**WORK ORDER**: Give back exactly the lines that run from the beginning of the entries to the line containing "-- The socket takes every group.", both included, and nothing else.

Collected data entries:
++++++++
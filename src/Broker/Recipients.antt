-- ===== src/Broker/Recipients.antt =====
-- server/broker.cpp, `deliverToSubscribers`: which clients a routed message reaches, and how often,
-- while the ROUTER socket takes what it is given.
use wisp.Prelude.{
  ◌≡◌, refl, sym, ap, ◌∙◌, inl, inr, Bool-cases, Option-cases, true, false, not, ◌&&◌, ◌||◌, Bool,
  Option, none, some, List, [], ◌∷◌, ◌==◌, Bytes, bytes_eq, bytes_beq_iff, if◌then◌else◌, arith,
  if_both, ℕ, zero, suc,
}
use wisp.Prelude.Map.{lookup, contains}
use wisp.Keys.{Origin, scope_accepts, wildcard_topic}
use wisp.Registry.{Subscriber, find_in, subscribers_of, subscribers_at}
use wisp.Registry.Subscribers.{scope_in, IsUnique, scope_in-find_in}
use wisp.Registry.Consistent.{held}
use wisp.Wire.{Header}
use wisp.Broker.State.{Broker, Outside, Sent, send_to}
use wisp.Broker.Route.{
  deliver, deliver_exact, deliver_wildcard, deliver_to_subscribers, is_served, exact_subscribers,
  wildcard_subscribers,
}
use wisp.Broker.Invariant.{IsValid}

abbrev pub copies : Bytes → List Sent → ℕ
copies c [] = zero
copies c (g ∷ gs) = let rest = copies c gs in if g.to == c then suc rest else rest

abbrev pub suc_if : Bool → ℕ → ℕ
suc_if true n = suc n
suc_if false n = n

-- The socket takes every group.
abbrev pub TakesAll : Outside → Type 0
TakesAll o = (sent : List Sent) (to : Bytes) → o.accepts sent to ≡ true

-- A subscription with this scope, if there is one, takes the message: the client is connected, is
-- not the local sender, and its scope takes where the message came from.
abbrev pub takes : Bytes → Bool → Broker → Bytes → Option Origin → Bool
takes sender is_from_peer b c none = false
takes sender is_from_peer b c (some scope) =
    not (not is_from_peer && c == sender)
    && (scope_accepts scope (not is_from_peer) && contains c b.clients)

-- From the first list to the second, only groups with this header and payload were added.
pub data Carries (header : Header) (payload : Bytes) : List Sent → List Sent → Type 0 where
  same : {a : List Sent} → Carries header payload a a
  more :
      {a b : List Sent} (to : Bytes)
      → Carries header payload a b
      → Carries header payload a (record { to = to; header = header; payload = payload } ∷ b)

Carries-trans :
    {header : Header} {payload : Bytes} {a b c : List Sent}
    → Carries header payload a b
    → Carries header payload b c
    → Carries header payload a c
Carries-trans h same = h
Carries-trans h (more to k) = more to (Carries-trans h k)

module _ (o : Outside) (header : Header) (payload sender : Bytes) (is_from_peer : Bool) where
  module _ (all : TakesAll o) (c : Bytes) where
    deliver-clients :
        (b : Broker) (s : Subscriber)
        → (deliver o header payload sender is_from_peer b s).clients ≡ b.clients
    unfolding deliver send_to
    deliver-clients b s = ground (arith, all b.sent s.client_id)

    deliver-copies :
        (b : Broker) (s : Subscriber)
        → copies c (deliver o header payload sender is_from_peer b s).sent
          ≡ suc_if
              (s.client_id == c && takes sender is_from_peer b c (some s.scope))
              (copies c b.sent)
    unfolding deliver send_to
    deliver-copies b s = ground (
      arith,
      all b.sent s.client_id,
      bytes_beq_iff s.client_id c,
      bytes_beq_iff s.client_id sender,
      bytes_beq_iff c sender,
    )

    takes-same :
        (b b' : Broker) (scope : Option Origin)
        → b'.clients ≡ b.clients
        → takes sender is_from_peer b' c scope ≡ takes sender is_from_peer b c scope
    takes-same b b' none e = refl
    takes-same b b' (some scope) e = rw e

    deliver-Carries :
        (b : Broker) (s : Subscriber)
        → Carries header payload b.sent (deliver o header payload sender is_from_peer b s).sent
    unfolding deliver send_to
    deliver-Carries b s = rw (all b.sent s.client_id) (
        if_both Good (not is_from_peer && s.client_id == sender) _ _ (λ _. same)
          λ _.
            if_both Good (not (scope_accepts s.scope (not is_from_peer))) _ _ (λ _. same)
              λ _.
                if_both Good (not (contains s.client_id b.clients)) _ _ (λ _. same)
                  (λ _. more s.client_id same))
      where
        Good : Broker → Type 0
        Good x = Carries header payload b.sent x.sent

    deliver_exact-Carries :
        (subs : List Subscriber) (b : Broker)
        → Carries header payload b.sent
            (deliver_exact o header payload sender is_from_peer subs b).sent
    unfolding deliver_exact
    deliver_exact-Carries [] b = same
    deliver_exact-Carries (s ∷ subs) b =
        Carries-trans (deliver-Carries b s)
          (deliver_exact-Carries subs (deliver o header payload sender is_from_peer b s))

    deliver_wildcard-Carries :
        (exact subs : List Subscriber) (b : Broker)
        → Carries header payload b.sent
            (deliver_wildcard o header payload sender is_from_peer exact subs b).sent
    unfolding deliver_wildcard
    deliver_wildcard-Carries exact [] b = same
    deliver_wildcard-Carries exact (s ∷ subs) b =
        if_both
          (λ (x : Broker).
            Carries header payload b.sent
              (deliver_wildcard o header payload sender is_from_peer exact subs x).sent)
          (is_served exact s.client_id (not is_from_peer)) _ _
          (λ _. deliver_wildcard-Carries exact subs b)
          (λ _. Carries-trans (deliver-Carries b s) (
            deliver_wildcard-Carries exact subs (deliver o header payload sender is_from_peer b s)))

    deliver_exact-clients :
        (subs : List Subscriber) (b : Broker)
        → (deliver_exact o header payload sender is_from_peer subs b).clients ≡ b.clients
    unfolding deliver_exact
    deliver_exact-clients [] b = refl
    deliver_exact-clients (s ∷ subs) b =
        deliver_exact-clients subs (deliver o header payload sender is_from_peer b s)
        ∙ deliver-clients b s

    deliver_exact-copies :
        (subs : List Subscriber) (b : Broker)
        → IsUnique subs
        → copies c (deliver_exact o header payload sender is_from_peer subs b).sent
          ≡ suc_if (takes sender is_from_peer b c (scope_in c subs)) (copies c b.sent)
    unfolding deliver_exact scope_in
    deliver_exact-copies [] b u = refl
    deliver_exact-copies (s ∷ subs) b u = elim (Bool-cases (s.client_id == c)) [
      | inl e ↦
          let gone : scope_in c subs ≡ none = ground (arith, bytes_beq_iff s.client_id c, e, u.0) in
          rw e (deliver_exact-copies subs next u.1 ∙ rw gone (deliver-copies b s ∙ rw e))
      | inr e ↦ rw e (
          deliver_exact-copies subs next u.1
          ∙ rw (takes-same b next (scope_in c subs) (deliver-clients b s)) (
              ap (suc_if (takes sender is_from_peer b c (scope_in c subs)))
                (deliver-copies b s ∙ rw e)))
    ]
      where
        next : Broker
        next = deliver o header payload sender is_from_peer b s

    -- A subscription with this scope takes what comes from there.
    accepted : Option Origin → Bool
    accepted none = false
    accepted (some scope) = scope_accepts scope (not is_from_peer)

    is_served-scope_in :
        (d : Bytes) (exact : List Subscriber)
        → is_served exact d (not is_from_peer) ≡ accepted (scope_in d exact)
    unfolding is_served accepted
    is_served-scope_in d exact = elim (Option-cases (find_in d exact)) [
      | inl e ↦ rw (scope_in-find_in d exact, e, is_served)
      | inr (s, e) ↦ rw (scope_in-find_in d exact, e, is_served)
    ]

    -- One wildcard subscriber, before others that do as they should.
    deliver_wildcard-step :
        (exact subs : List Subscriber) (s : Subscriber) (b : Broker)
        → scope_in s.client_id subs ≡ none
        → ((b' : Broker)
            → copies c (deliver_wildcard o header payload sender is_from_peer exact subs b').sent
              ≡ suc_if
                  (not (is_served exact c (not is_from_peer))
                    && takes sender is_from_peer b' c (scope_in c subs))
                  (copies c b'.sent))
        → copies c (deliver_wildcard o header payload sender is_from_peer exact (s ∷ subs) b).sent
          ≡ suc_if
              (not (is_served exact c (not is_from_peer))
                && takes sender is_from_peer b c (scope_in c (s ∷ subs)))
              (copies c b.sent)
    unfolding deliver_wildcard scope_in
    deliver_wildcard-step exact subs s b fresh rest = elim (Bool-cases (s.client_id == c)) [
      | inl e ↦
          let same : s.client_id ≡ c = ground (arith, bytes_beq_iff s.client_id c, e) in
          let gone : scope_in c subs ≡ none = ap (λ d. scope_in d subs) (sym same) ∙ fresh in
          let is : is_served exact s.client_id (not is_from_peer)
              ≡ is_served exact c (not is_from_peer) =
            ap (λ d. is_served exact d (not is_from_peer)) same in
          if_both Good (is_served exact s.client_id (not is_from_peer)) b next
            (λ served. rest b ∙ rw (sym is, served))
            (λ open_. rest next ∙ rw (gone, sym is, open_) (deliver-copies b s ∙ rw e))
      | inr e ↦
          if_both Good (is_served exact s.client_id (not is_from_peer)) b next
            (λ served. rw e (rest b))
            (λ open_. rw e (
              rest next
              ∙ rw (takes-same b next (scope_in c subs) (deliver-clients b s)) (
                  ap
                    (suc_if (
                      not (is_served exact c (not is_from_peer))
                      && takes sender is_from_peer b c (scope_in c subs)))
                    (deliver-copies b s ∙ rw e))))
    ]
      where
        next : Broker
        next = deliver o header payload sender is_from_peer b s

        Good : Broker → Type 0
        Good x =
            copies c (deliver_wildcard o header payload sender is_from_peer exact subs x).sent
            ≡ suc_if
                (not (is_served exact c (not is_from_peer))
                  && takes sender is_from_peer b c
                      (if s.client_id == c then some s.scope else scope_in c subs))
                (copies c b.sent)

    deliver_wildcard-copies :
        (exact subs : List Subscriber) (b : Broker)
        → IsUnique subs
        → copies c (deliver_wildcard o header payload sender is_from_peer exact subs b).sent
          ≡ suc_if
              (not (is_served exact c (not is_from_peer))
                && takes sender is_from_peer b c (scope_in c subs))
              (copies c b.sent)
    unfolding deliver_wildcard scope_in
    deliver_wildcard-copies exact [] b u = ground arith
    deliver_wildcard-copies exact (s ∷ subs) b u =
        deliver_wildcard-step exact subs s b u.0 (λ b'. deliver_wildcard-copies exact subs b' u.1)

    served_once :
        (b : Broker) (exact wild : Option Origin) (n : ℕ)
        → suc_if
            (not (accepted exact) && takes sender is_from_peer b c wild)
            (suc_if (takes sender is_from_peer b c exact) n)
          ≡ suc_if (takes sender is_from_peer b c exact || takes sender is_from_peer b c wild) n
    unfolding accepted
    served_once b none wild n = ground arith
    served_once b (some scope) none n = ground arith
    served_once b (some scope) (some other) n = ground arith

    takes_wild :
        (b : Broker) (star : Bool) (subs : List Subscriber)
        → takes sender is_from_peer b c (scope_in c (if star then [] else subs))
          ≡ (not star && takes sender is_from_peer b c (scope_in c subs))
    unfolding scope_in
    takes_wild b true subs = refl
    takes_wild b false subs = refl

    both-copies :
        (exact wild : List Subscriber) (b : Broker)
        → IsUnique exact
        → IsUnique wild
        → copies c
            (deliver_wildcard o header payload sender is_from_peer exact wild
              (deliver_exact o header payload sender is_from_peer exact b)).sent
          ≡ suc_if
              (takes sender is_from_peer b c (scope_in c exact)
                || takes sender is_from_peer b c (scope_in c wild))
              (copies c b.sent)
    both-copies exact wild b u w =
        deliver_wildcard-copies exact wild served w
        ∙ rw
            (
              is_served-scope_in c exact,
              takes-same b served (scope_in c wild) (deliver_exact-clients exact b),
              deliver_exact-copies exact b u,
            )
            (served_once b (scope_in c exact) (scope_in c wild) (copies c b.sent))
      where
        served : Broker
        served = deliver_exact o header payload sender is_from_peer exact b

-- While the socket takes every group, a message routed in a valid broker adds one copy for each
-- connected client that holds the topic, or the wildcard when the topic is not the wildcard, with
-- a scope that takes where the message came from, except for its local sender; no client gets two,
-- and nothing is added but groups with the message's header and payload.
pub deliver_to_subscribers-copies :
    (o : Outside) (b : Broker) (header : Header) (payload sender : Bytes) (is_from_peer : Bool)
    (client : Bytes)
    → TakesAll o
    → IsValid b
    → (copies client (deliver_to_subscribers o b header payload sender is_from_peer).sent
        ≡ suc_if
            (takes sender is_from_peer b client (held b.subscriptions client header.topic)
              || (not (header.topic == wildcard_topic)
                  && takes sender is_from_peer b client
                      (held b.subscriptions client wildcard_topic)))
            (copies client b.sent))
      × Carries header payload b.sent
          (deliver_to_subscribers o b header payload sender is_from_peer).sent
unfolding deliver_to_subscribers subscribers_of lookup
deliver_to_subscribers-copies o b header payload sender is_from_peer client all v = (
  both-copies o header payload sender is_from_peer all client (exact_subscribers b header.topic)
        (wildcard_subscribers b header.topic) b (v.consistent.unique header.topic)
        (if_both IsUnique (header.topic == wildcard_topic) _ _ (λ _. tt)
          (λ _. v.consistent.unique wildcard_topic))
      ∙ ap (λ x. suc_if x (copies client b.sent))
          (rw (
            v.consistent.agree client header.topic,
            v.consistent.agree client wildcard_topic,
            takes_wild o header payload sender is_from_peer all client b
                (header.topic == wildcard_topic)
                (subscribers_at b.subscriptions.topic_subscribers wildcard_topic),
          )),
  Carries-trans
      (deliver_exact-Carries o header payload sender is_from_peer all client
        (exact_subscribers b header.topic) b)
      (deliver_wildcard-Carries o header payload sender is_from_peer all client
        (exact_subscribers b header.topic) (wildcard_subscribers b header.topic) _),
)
++++++++
**THE ANSWER**:
filename src/Broker/Recipients.antt
-- ===== src/Broker/Recipients.antt =====
-- server/broker.cpp, `deliverToSubscribers`: which clients a routed message reaches, and how often,
-- while the ROUTER socket takes what it is given.
use wisp.Prelude.{
  ◌≡◌, refl, sym, ap, ◌∙◌, inl, inr, Bool-cases, Option-cases, true, false, not, ◌&&◌, ◌||◌, Bool,
  Option, none, some, List, [], ◌∷◌, ◌==◌, Bytes, bytes_eq, bytes_beq_iff, if◌then◌else◌, arith,
  if_both, ℕ, zero, suc,
}
use wisp.Prelude.Map.{lookup, contains}
use wisp.Keys.{Origin, scope_accepts, wildcard_topic}
use wisp.Registry.{Subscriber, find_in, subscribers_of, subscribers_at}
use wisp.Registry.Subscribers.{scope_in, IsUnique, scope_in-find_in}
use wisp.Registry.Consistent.{held}
use wisp.Wire.{Header}
use wisp.Broker.State.{Broker, Outside, Sent, send_to}
use wisp.Broker.Route.{
  deliver, deliver_exact, deliver_wildcard, deliver_to_subscribers, is_served, exact_subscribers,
  wildcard_subscribers,
}
use wisp.Broker.Invariant.{IsValid}

abbrev pub copies : Bytes → List Sent → ℕ
copies c [] = zero
copies c (g ∷ gs) = let rest = copies c gs in if g.to == c then suc rest else rest

abbrev pub suc_if : Bool → ℕ → ℕ
suc_if true n = suc n
suc_if false n = n

-- The socket takes every group.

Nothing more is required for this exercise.